On World Oceans Day, Ban Urges Countries to Protect Marine Environment Mon, Jun 11, 2012
8 June 2012 - United Nations Secretary-General Ban Ki-moon Friday urged countries to boost their efforts to protect the world's oceans, which are threatened by overfishing, toxic waste, and climate change.
"We must do more for our world's oceans, which are threatened by pollution, depleted fishery resources, the impacts of climate change and the deterioration of the marine environment," Mr. Ban said in his message marking World Oceans Day, which also coincides with the 30th anniversary of the UN Convention on the Law of the Sea - the so-called 'constitution of the oceans.'
Given the important role played by oceans for the planet's food security, and the health and survival of all life, as well energy needs, the General Assembly decided that, from 2009, 8 June would be designated by the United Nations as 'World Oceans Day' to raise global awareness of the current challenges faced by the international community in connection with the oceans.
According to a report launched by UNEP early this year, healthy seas and coasts would pay dividends in a Green Economy. The report, Green Economy in a Blue World, argues that the ecological health and economic productivity of marine and coastal ecosystems, which are currently in decline around the globe, can be boosted by shifting to a more sustainable economic paradigm that taps their natural potential - from generating renewable energy and promoting eco-tourism, to sustainable fisheries and transport.

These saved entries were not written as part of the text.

-- ===== src/Auth/Bootstrap/Tests.antt =====
-- The theorems on the bootstrap at two concrete calls, one after the other and at the same time.
use lite_mcp.Base.{ℕ, [], ◌∷◌, ◌≡◌, ◌⊎◌, map, refl, none}
use lite_mcp.Base.Exec.{ok, err}
use lite_mcp.Db.User.{User}
use lite_mcp.Auth.Bootstrap.{
  Attempt, already_initialized, first_admin, IsAdminOf, bootstrap_all, bootstrap_once,
}
use lite_mcp.Auth.Bootstrap.Lock.{
  System, Phase, waiting, refused, committed, set, lock, count, refuse, insert, commit, Reach, here,
  next, one_admin,
}

abbrev attempt : Attempt
attempt = record { username = "Ann"; password = "p"; id = 7; now = 3 }

bootstrap_once_example :
    (user : User) × IsAdminOf (λ s. s) (λ s. s) attempt user
    × (bootstrap_all (λ s. s) (λ s. s) (attempt ∷ attempt ∷ []) []
        ≡ (ok user ∷ map (λ b. err already_initialized) (attempt ∷ []), user ∷ []))
bootstrap_once_example = bootstrap_once (λ s. s) (λ s. s) attempt (attempt ∷ [])

abbrev admin : User
admin = first_admin (λ s. s) (λ s. s) attempt

-- Both calls wait; the first takes the lock and commits, and the second then finds its row.
abbrev phases : ℕ → Phase
phases = set 1 refused (
    set 1 (Phase.counted 1) (
      set 1 Phase.locked (
        set 0 (committed admin) (
          set 0 (Phase.inserted admin)
            (set 0 (Phase.counted 0) (set 0 Phase.locked (λ i. waiting)))))))

abbrev both_done : System
both_done = record { rows = admin ∷ []; holder = none; phase = phases }

reached : Reach (λ s. s) (λ s. s) (λ i. attempt) both_done
reached =
    next
      (next
        (next
          (next (next (next (next here (lock 0 refl refl)) (count 0 refl)) (insert 0 0 refl refl))
            (commit 0 admin refl))
          (lock 1 refl refl))
        (count 1 refl))
      (refuse 1 1 refl refl)

one_admin_example :
    ((both_done.rows ≡ [])
      ⊎ ((i : ℕ) × (both_done.phase i ≡ committed admin) × (both_done.rows ≡ admin ∷ [])))
    × ((i j : ℕ) (u v : User)
        → both_done.phase i ≡ committed u
        → both_done.phase j ≡ committed v
        → i ≡ j)
one_admin_example = one_admin (λ s. s) (λ s. s) (λ i. attempt) both_done reached
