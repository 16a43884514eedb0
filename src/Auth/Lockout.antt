-- ===== src/Auth/Lockout.antt =====
-- backend/src/litemcp/auth/lockout.py. `now` is the value of `_now_utc()` in the call.
pub mod Counting
pub mod Gate
pub mod Fresh
mod Tests
use lite_mcp.Base.{
  ℕ, ◌+◌, String, Bool, true, false, Option, none, some, ltb, leb, ◌==◌, if◌then◌else◌,
}
use lite_mcp.Base.Exec.{ok, err, Exec, ◌>>=◌, ◌>>◌, pure, modify}
use lite_mcp.Platform.Time.{Datetime, aware, as_utc, seconds}
use lite_mcp.Config.{Settings}
use lite_mcp.Db.User.{User}
use lite_mcp.Db.Users.{Users}

pub record LoginAttemptDecision : Type 0 where
  pub may_verify_password : Bool
  pub denial_reason : Option String
  pub user : User

-- What `scalar_one` raises.
pub data LockoutError : Type 0 where
  no_result_found : LockoutError

unfoldable pub clear_lockout_state : User → User
clear_lockout_state u = record u {
  status = "active";
  failed_login_count = 0;
  failed_login_window_started_at = none;
  locked_until = none;
}

abbrev later_than : Option Datetime → ℕ → Bool
later_than none now = false
later_than (some t) now = ltb now (as_utc t)

lock_is_still_active : User → ℕ → Bool
lock_is_still_active u now = later_than u.locked_until now

-- The row after `prepare_login_attempt`, and the decision.
unfoldable pub decide_attempt : User → ℕ → LoginAttemptDecision
unfolding lock_is_still_active clear_lockout_state
decide_attempt u now =
    if u.status == "disabled"
    then record { may_verify_password = false; denial_reason = some "disabled"; user = u }
    else if u.status == "locked"
    then (if lock_is_still_active u now
        then record { may_verify_password = false; denial_reason = some "locked"; user = u }
        else record {
          may_verify_password = true;
          denial_reason = none;
          user = clear_lockout_state u;
        })
    else record { may_verify_password = true; denial_reason = none; user = u }

-- `window_started is None or now - window_started >= window`
abbrev window_is_over : Option Datetime → ℕ → ℕ → Bool
window_is_over none window now = true
window_is_over (some t) window now = leb (as_utc t + window) now

count_failure : ℕ → ℕ → User → User
count_failure window now u =
    if window_is_over u.failed_login_window_started_at window now
    then record u { failed_login_count = 1; failed_login_window_started_at = some (aware now) }
    else record u { failed_login_count = u.failed_login_count + 1 }

lock_at_threshold : Settings → ℕ → User → User
lock_at_threshold settings now u =
    if leb settings.admin_login_failure_threshold u.failed_login_count
    then record u {
      status = "locked";
      locked_until = some (aware (now + seconds settings.admin_lock_seconds));
    }
    else u

-- The row after `record_login_failure`.
unfoldable pub fail_attempt : Settings → ℕ → User → User
unfolding count_failure lock_at_threshold
fail_attempt settings now u =
    lock_at_threshold settings now
      (count_failure (seconds settings.admin_login_failure_window_seconds) now u)

module _ (D : Users) where
  open D use {State, get_user, save_user}

  -- `SELECT … FOR UPDATE` and `scalar_one`
  lock_user : ℕ → Exec State LockoutError User
  lock_user i s = elim (get_user s i) [ none ↦ (err no_result_found, s) | some u ↦ (ok u, s) ]

  unfoldable pub prepare_login_attempt : ℕ → ℕ → Exec State LockoutError LoginAttemptDecision
  unfolding lock_user
  prepare_login_attempt i now = do
    user ← lock_user i
    let decision = decide_attempt user now
    modify (λ s. save_user s decision.user)
    pure decision

  unfoldable pub record_login_failure : Settings → ℕ → ℕ → Exec State LockoutError User
  unfolding lock_user
  record_login_failure settings i now = do
    user ← lock_user i
    let failed = fail_attempt settings now user
    modify (λ s. save_user s failed)
    pure failed

  unfoldable pub record_login_success : ℕ → Exec State LockoutError User
  unfolding lock_user
  record_login_success i = do
    user ← lock_user i
    let cleared = clear_lockout_state user
    modify (λ s. save_user s cleared)
    pure cleared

In his message, Mr. Ban stressed that the UN Conference on Sustainable Development (Rio+20), in Brazil later this month, will provide a once in a generation opportunity for Member States to act and have a significant impact on this issue.
"The protection of the world's oceans and coasts is among the key goals of [Rio+20]," he said. "Rio+20 must mobilize the United Nations, governments and other partners to improve the management and conservation of oceans through initiatives to curb overfishing, improve protection of the marine environment and reduce ocean pollution and the impact of climate change."
The Secretary-General also called on governments that have not done so to ratify the UN Convention on the Law of the Sea, which governs all aspects of ocean space, from delimitation of maritime boundaries, environmental regulations, scientific research, commerce and the settlement of international disputes involving marine issues.
The Convention was first opened for signature in 1982 and entered into force in 1994; it has so far been ratified by 60 States.
"We can learn from three decades of experience with the Convention, which should continue to be our guide in establishing the rule of law on the world's oceans and seas," Mr. Ban told a group of experts at a roundtable panel discussion commemorating the Convention, at UN Headquarters in New York.
The convention is "an important contribution to the maintenance of peace, justice and progress for all peoples of the world," Mr. Ban underlined. "Let us make 2012 another milestone year for the world's oceans, so that we can set sail toward the future we want."